The woman I’d been talking to, at some point during the darkness, leaned over to me and said, “You know, you did what he said to do.” I sort of looked at her strangely, and she said, “One time he told us, ‘Whoever wants to be my disciple must deny themselves and take up their cross daily and follow me’ (9:23). That’s what you did today.” “I don’t understand,” I confessed. “I just did what I had to do.” “Yes,” she said, “you did. But I watched you. You trusted someone to take care of your boys, and you gave of yourself for the sake of someone else. For the sake of Jesus.” I still didn’t understand, so she continued. “I’ve been thinking as I’ve watched Jesus today that perhaps what he meant by that statement was that to love someone is to give of yourself for them, for their sake. You didn’t know Jesus today, and yet you put aside your own stuff and walked with him and for him. I mean, look, you didn’t have to stay here. Most people would have taken off after they dropped the crossbeam. Back down there at Pilate’s hall, when Barabbas was set free instead of Jesus, he didn’t stick around. He didn’t try to find out if he could help Jesus. He took off. But not you. You stayed here. You’ve watched the whole time. Beyond what was required of you, you gave of yourself. And I think,” she said, “when we do that, maybe we’re living out just a little of what he meant.”

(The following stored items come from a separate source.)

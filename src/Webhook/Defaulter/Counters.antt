-- ===== src/Webhook/Defaulter/Counters.antt =====
-- What admissions count, under a store that holds a good configuration.
use tekton_kueue.Base.{
  ℕ, suc, ◌+◌, ◌≤◌, String, Option, none, some, List, [], ◌∷◌, length, Error, bad_request,
  internal_error, evaluation_error, ok, as_validation_error, as_evaluation_error, ◌≡◌, ◌≢◌, refl,
  ap, inl, inr, arith, Option-cases,
}
use tekton_kueue.Tekton.{PipelineRun}
use tekton_kueue.Metrics.{
  Metrics, record_evaluation_success, record_evaluation_failure, record_mutation_success,
  record_mutation_failure,
}
use tekton_kueue.Cel.Values.{Engine}
use tekton_kueue.Cel.Functions.{Validation}
use tekton_kueue.Cel.Compiler.{CompiledProgram, compile_cel_programs}
use tekton_kueue.Cel.Compiler.Laws.{AreCompiled, compile_cel_programs_iff}
use tekton_kueue.Cel.Evaluator.{Json}
use tekton_kueue.Cel.Mutator.{Spec, Outcome, mutate_all}
use tekton_kueue.Cel.Mutator.Phases.{
  IsEnded, refused, not_marshalled, not_evaluated, not_applied, applied, mutate_all-IsEnded,
}
use tekton_kueue.Webhook.ConfigStore.{ConfigStore, Libraries}
use tekton_kueue.Webhook.ConfigStore.Update.{IsGood}
use tekton_kueue.Webhook.Defaulter.{
  Defaulted, pipeline_run, panicked, returned, internal_or_same, status_error, after_mutator,
  run_mutators, default_with, default, set_defaults,
}
use tekton_kueue.Webhook.Defaulter.Admit.{build_mutators_cases, status_error-apply_all}

-- How one admission counts under these expressions, by the error that it returns.
pub data IsCounted (es : List String) (m : Metrics) : Metrics → Option Error → Type 0 where
  -- without expressions there is no mutator, and nothing is counted
  plain : es ≡ [] → IsCounted es m m none
  admitted : es ≢ [] → IsCounted es m (record_mutation_success (record_evaluation_success m)) none
  bad : (e : Error) → es ≢ [] → IsCounted es m m (some (bad_request e))
  bad_evaluation :
      (e : Error) → es ≢ [] → IsCounted es m (record_evaluation_failure m) (some (bad_request e))
  unevaluated :
      (e : Error) → es ≢ [] → IsCounted es m (record_evaluation_failure m) (some (internal_error e))
  unapplied :
      (e : Error)
      → es ≢ []
      → IsCounted es m
          (record_mutation_failure (record_evaluation_success m))
          (some (internal_error e))

-- The same of what a call of `Default` leaves; it does not panic.
abbrev IsCountedBy : List String → Metrics → Defaulted → Type 0
IsCountedBy es m panicked = ⊥
IsCountedBy es m (returned object m' e) = IsCounted es m m' e

evaluation_error-IsCounted :
    (es : List String) (m : Metrics) (e : Error)
    → es ≢ []
    → IsCounted es m (record_evaluation_failure m) (some (status_error (evaluation_error e)))
unfolding status_error as_validation_error as_evaluation_error internal_or_same
evaluation_error-IsCounted es m e some_es = elim (Option-cases (as_validation_error e)) [
  | inl h ↦ rw (h, status_error) (unevaluated (evaluation_error e) some_es)
  | inr (x, h) ↦ rw (h, status_error) (bad_evaluation x some_es)
]

module _ (E : Engine) (J : Json) (S : Spec) where
  ended-IsCounted :
      (es : List String) (ps : List (CompiledProgram E)) (d : PipelineRun) (m : Metrics)
      (o : Outcome)
      → es ≢ []
      → IsEnded E J S ps d m o
      → IsCountedBy es m (after_mutator o (run_mutators []) o.error)
  unfolding after_mutator run_mutators
  ended-IsCounted es ps d m o h (refused e _ same) = rw same (bad _ h)
  ended-IsCounted es ps d m o h (not_marshalled e _ _ same) = rw same (bad _ h)
  ended-IsCounted es ps d m o h (not_evaluated e _ _ same) =
      rw same (evaluation_error-IsCounted es m e h)
  ended-IsCounted es ps d m o h (not_applied rs e _ failed same) =
      rw (same, status_error-apply_all d rs e failed) (unapplied e h)
  ended-IsCounted es ps d m o h (applied rs _ fine same) = rw same (admitted h)

compiled-ne-nil :
    (E : Engine) (V : Validation) (es : List String) → compile_cel_programs E V es ≢ ok []
compiled-ne-nil E V es = λ h.
    let (some_es, (env, made, all)) = (compile_cel_programs_iff E V es []).0 h in
    clash es env some_es all
  where
    clash : (es : List String) (env : E.Env) → es ≢ [] → AreCompiled E env es [] → ⊥
    clash [] env some_es all = some_es refl
    clash (e ∷ es) env some_es all = all

-- The numbers of answers of a kind.
abbrev pub count_admitted : List (Option Error) → ℕ
count_admitted [] = 0
count_admitted (none ∷ es) = suc (count_admitted es)
count_admitted (some e ∷ es) = count_admitted es

abbrev is_internal : Error → ℕ
is_internal (internal_error e) = 1
is_internal _ = 0

abbrev pub count_internal : List (Option Error) → ℕ
count_internal [] = 0
count_internal (none ∷ es) = count_internal es
count_internal (some e ∷ es) = is_internal e + count_internal es

-- What a list of answers counts in all, from `m` to `m'`.
pub record IsTallied (es : List String) (m : Metrics) (answers : List (Option Error)) (m' : Metrics)
    : Type 0 where
  pub nothing : es ≡ [] → (m' ≡ m) × (count_admitted answers ≡ length answers)
  pub admissions : es ≢ [] → m'.mutation_success ≡ m.mutation_success + count_admitted answers
  pub evaluations :
      es ≢ []
      → m'.evaluation_success + (m.mutation_success + m.mutation_failure)
        ≡ m.evaluation_success + (m'.mutation_success + m'.mutation_failure)
  pub internal :
      m.evaluation_failure + m.mutation_failure + count_internal answers
      ≤ m'.evaluation_failure + m'.mutation_failure
  pub failures :
      m'.evaluation_failure + m'.mutation_failure + count_admitted answers
      ≤ m.evaluation_failure + m.mutation_failure + length answers
  pub reloads : (m'.reload_success ≡ m.reload_success) × (m'.reload_failure ≡ m.reload_failure)

IsTallied-refl : (es : List String) (m : Metrics) → IsTallied es m [] m
IsTallied-refl es m = ground arith

IsTallied-cons :
    (es : List String) (m n m' : Metrics) (e : Option Error) (answers : List (Option Error))
    → IsCounted es m n e
    → IsTallied es n answers m'
    → IsTallied es m (e ∷ answers) m'
IsTallied-cons es m _ m' _ answers (plain h) t = ground arith
IsTallied-cons es m _ m' _ answers (admitted h) t = ground arith
IsTallied-cons es m _ m' _ answers (bad e h) t = ground arith
IsTallied-cons es m _ m' _ answers (bad_evaluation e h) t = ground arith
IsTallied-cons es m _ m' _ answers (unevaluated e h) t = ground arith
IsTallied-cons es m _ m' _ answers (unapplied e h) t = ground arith

module _ (L : Libraries) (s : ConfigStore) where
  abbrev pub answer_next :
      Defaulted
      → (Metrics → Option (List (Option Error) × Metrics))
      → Option (List (Option Error) × Metrics)
  answer_next panicked rest = none
  answer_next (returned object m e) rest = answer_first e (rest m)
    where
      answer_first :
          Option Error
          → Option (List (Option Error) × Metrics)
          → Option (List (Option Error) × Metrics)
      answer_first e none = none
      answer_first e (some (es, m)) = some (e ∷ es, m)

  -- The answers to PipelineRuns, one after the other, and the counters; none if a call panics.
  pub answer_all : List PipelineRun → Metrics → Option (List (Option Error) × Metrics)
  answer_all [] m = some ([], m)
  answer_all (plr ∷ plrs) m = answer_next (default s (pipeline_run plr) m) (answer_all plrs)

  module _ (raw : String) (good : IsGood L raw s) where
    default-IsCounted :
        (plr : PipelineRun) (m : Metrics)
        → IsCountedBy good.0.expressions m (default s (pipeline_run plr) m)
    unfolding default default_with mutate_all
    default-IsCounted plr m =
        let (cfg, parsed, named, built, stored) = good in
        let d = set_defaults cfg plr in
        elim (build_mutators_cases L cfg.expressions s.mutators built) [
          | inl (e, empty) ↦ rw (stored, empty) (plain e)
          | inr ([], compiled, _, one) ↦
              absurd (compiled-ne-nil L.engine L.validation cfg.expressions compiled)
          | inr (p ∷ ps, compiled, some_es, one) ↦
              rw (stored, one)
                (ended-IsCounted L.engine L.json L.spec cfg.expressions (p ∷ ps) d m _ some_es
                  (mutate_all-IsEnded L.engine L.json L.spec (p ∷ ps) d m))
        ]

    -- All calls return, and what they count is the tally of their answers.
    abbrev pub AreTallied : List PipelineRun → Metrics → Type 0
    AreTallied plrs m =
        (answers : List (Option Error)) × (m' : Metrics) × (answer_all plrs m ≡ some (answers, m'))
        × (length answers ≡ length plrs)
        × IsTallied good.0.expressions m answers m'

    answer_next-AreTallied :
        (plr : PipelineRun) (plrs : List PipelineRun) (m : Metrics) (d : Defaulted)
        → default s (pipeline_run plr) m ≡ d
        → IsCountedBy good.0.expressions m d
        → ((n : Metrics) → AreTallied plrs n)
        → AreTallied (plr ∷ plrs) m
    unfolding answer_all
    answer_next-AreTallied plr plrs m panicked e h rest = absurd h
    answer_next-AreTallied plr plrs m (returned object n x) e h rest =
        let (answers, m', all, same, tallied) = rest n in
        (
          x ∷ answers,
          m',
          rw (e, all) refl,
          ap suc same,
          IsTallied-cons _ m n m' x answers h tallied,
        )

    -- Under the store of a good text, PipelineRuns that are admitted one after the other are all answered.
    -- Without expressions all are admitted, and nothing is counted. With some, as many mutations succeed
    -- as PipelineRuns are admitted; an evaluation that succeeds is followed by one mutation that succeeds
    -- or fails; the failures of evaluations and mutations are at least the internal errors, and with the
    -- admissions at most the PipelineRuns; no reload is counted.
    pub answer_all-AreTallied : (plrs : List PipelineRun) (m : Metrics) → AreTallied plrs m
    unfolding answer_all
    answer_all-AreTallied [] m = ([], m, refl, refl, IsTallied-refl _ m)
    answer_all-AreTallied (plr ∷ plrs) m =
        answer_next-AreTallied plr plrs m _ refl (default-IsCounted plr m)
          (answer_all-AreTallied plrs)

I’m still thinking about that. I think I get it. I think I understand that part of following Jesus, of living like he did, is to put aside what we want so that others can know about him. Yes, I said “we,” because after everything that happened today, after the horrible events of this worst day, I’ve decided I need to find out more about what this Jesus taught and how he lived. I don’t know where that will lead me in the next few days, but I know I want to be more like him.

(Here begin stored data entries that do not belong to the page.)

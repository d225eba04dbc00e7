-- ===== src/Tests/WebhookTests.antt =====
-- The theorems on internal/webhook, pkg/mutate and cmd at concrete configurations and objects.
use tekton_kueue.Base.{
  String, true, false, none, some, [], ◌∷◌, ok, ◌≡◌, ◌≢◌, refl, eq_iff, ◌↔◌, All, arith,
}
use tekton_kueue.Base.Int.{pos}
use tekton_kueue.Metrics.{no_metrics}
use tekton_kueue.Cel.Compiler.{compile_cel_programs}
use tekton_kueue.Webhook.ConfigStore.{ConfigStore, empty_store, build_mutators, update}
use tekton_kueue.Webhook.ConfigStore.Update.{
  IsGood, IsBad, IsUpdated, update-IsUpdated, run_updates, IsLatest, run_updates-IsLatest,
}
use tekton_kueue.Webhook.ConfigStore.Locking.{
  System, outside, locked, half_way, start, Reach, here, next, read_lock, lock, set_mutators,
  set_config, IsConsistent, readers-IsConsistent,
}
use tekton_kueue.Webhook.ConfigStore.Serial.{serial, begun, CanGoOn, Reach-IsSerial}
use tekton_kueue.Webhook.PatchFilter.{Response, filter_response, is_patch_allowed}
use tekton_kueue.Webhook.PatchFilter.Filter.{keep, expected, StartsWith, filter_response-IsFiltered}
use tekton_kueue.Webhook.Defaulter.Counters.{AreTallied, answer_all-AreTallied}
use tekton_kueue.Webhook.Defaulter.{pipeline_run, panicked, default}
use tekton_kueue.Webhook.Defaulter.Admit.{IsAnswered, default-IsHandled}
use tekton_kueue.Webhook.Defaulter.Effects.{IsAdmitted, default-IsAdmitted, default-panicked_iff}
use tekton_kueue.Mutate.{mutate_pipeline_run, IsRun, mutate_pipeline_run-IsRun}
use tekton_kueue.Main.{
  SharedFlags, WebhookFlags, disable_http2, watch_certificate, MetricsServerOptions, configured,
  get_tls_opts, get_metrics_server_options, get_webhook_server_options, IsDisabled,
  webhook-IsDisabled_iff,
}
use tekton_kueue.Tests.Toys.{libraries, config, store, plr, files, certificates}

store_built : build_mutators libraries ("a" ∷ []) ≡ ok store.mutators
unfolding build_mutators compile_cel_programs
store_built = refl

queue-ne-nil : config.queue_name ≢ ""
queue-ne-nil e = let clash : false ≡ true = (eq_iff "queue" "").1 e in cc

abbrev store_good : IsGood libraries "text" store
store_good = (config, refl, queue-ne-nil, store_built, refl)

default-IsAdmitted_example :
    IsAdmitted libraries config plr no_metrics (default store (pipeline_run plr) no_metrics)
default-IsAdmitted_example = default-IsAdmitted libraries store "text" plr no_metrics store_good

default-IsHandled_example : IsAnswered config plr (default store (pipeline_run plr) no_metrics)
default-IsHandled_example = default-IsHandled libraries store "text" plr no_metrics store_good

default-panicked_iff_example :
    (default (run_updates libraries empty_store [] no_metrics) (pipeline_run plr) no_metrics
      ≡ panicked)
    ↔ All (IsBad libraries) []
default-panicked_iff_example = default-panicked_iff libraries [] no_metrics no_metrics plr

update-IsUpdated_example :
    IsUpdated libraries empty_store "text" no_metrics
      (update libraries empty_store "text" no_metrics)
update-IsUpdated_example = update-IsUpdated libraries empty_store "text" no_metrics

run_updates-IsLatest_example :
    IsLatest libraries empty_store
      ("one" ∷ "two" ∷ [])
      (run_updates libraries empty_store ("one" ∷ "two" ∷ []) no_metrics)
run_updates-IsLatest_example =
    run_updates-IsLatest libraries empty_store ("one" ∷ "two" ∷ []) no_metrics

abbrev reading : System
reading = record { store = empty_store; writer = outside; readers = 1 }

abbrev one_reader : Reach libraries start reading
one_reader = next here (read_lock refl refl)

readers-IsConsistent_example : IsConsistent libraries reading.store × (reading.writer ≡ outside)
readers-IsConsistent_example = readers-IsConsistent libraries reading one_reader (omega arith)

-- One update, from its lock to its return.
abbrev taken_up : System
taken_up = record { store = empty_store; writer = locked "text" no_metrics; readers = 0 }

abbrev updated_store : ConfigStore
updated_store = (update libraries empty_store "text" no_metrics).store

abbrev in_between : System
in_between = record {
  store = record { config = none; mutators = updated_store.mutators };
  writer = half_way "text" updated_store;
  readers = 0;
}

abbrev updated : System
updated = record { store = updated_store; writer = outside; readers = 0 }

text_taken : (update libraries empty_store "text" no_metrics).error ≡ none
unfolding update build_mutators compile_cel_programs
text_taken = refl

abbrev one_update : Reach libraries start updated
one_update =
    next {y = in_between}
      (next {y = taken_up} (next here (lock "text" no_metrics refl refl refl))
        (set_mutators "text" no_metrics refl text_taken refl))
      (set_config "text" updated_store refl refl)

Reach-IsSerial_example :
    (updated.writer ≡ outside → updated.store ≡ serial libraries (begun libraries one_update))
    × (updated.writer ≢ outside → CanGoOn libraries updated)
Reach-IsSerial_example = Reach-IsSerial libraries one_update

abbrev response : Response
response = record {
  patches =
      record { operation = "add"; path = "/metadata/labels/a"; value = "1" }
      ∷ record { operation = "add"; path = "/spec/timeouts"; value = "2" }
      ∷ [];
  patch_type = some "JSONPatch";
  patch = none;
  rest = "";
}

filter_response-IsFiltered_example :
    (filter_response response ≡ expected response response.patches (keep response.patches))
    × ((path : String)
        → (is_patch_allowed path ≡ true)
          ↔ StartsWith
              ("/metadata/labels" ∷ "/metadata/annotations" ∷ "/spec/status" ∷ "/spec/managedBy"
                ∷ [])
              path)
filter_response-IsFiltered_example = filter_response-IsFiltered response

answer_all-AreTallied_example :
    AreTallied libraries store "text" store_good (plr ∷ plr ∷ []) no_metrics
answer_all-AreTallied_example =
    answer_all-AreTallied libraries store "text" store_good (plr ∷ plr ∷ []) no_metrics

mutate_pipeline_run-IsRun_example :
    IsRun libraries files "run.yaml" "dir"
      (mutate_pipeline_run libraries files "run.yaml" "dir" no_metrics)
mutate_pipeline_run-IsRun_example =
    mutate_pipeline_run-IsRun libraries files "run.yaml" "dir" no_metrics

abbrev flags : SharedFlags
flags = record {
  config_dir = "";
  metrics_addr = ":8443";
  metrics_cert_path = "dir";
  metrics_cert_name = "tls.crt";
  metrics_cert_key = "tls.key";
  secure_metrics = true;
  probe_addr = ":8081";
  enable_http2 = false;
  qps = 0;
  burst = pos 0;
}

abbrev metrics_options : MetricsServerOptions certificates
metrics_options = record {
  bind_address = ":8443";
  secure_serving = true;
  tls_opts = disable_http2 ∷ watch_certificate "tls.crt" ∷ [];
  with_authentication = true;
}

metrics_configured :
    get_metrics_server_options certificates flags (get_tls_opts certificates flags)
    ≡ configured metrics_options (some "tls.crt")
unfolding get_metrics_server_options get_tls_opts
metrics_configured = refl

abbrev webhook_flags : WebhookFlags
webhook_flags = record {
  webhook_cert_path = "";
  webhook_cert_name = "tls.crt";
  webhook_cert_key = "tls.key";
}

webhook_configured :
    get_webhook_server_options certificates webhook_flags (get_tls_opts certificates flags)
    ≡ configured [] none
unfolding get_webhook_server_options
webhook_configured = refl

webhook-IsDisabled_iff_example :
    IsDisabled certificates []
    ↔ ((flags.enable_http2 ≡ false) × (webhook_flags.webhook_cert_path ≢ ""))
webhook-IsDisabled_iff_example =
    webhook-IsDisabled_iff certificates flags webhook_flags [] none webhook_configured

Did I tell you how he died? At the end of the darkness, just before the sun came out again, we heard him push up on the nails one last time and he called out, “Father, into your hands I commit my spirit” (23:46). Then there was one last, long breath, his head dropped down, and he did not breathe again. The other two were still there, but Jesus gave up his spirit. He willingly gave up his life. There was something in that death, something powerful enough to cause a Roman centurion—a battle-hardened soldier—to say, just loud enough for some of us to hear, “Surely this was a righteous man” (23:47). Never thought I’d agree with a Roman soldier, but today I did, at least enough to make me want to find out more about this Jesus.

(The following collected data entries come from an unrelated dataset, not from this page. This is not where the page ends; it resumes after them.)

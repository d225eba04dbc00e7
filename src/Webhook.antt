-- ===== src/Webhook.antt =====
-- internal/webhook/v1: the configuration store, the defaulter and the patch filter.
pub mod ConfigStore
pub mod Defaulter
pub mod PatchFilter
pub mod Setup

So that’s where I’m headed right now. I got the boys and instead of going to the Passover meal, we’re headed to meet up with some of those who followed Jesus for the last few years. I want to hear directly from them what he was like, what he taught, how he lived his life. Because if his life is anything like his death, I think he’s someone I would want to follow—or, at least follow his example. I think he’s someone I’d want my boys to know about. So we’re gathering together to remember, to share stories, and, yes, to hide from the Romans. Some of his disciples are afraid that the Romans might come after them next. It’s a good idea to lay low for a couple of days. You know, until the Passover Sabbath is done and the Romans have moved on from this execution. Yeah, it’s probably a good idea to keep quiet for a couple of days. By the time Sabbath is over, it’ll be Sunday, the start of a new week, and you never know what a new week might bring. So I’m going to hurry along. Say, you could come, too. Would you want to? Would you want to get to know more about Jesus? I know it looks like he’s just a crucified man, but I think, somewhere in the midst of this day, I’ve begun to place all my hope in this crucified man. And you can, too. Want to come along?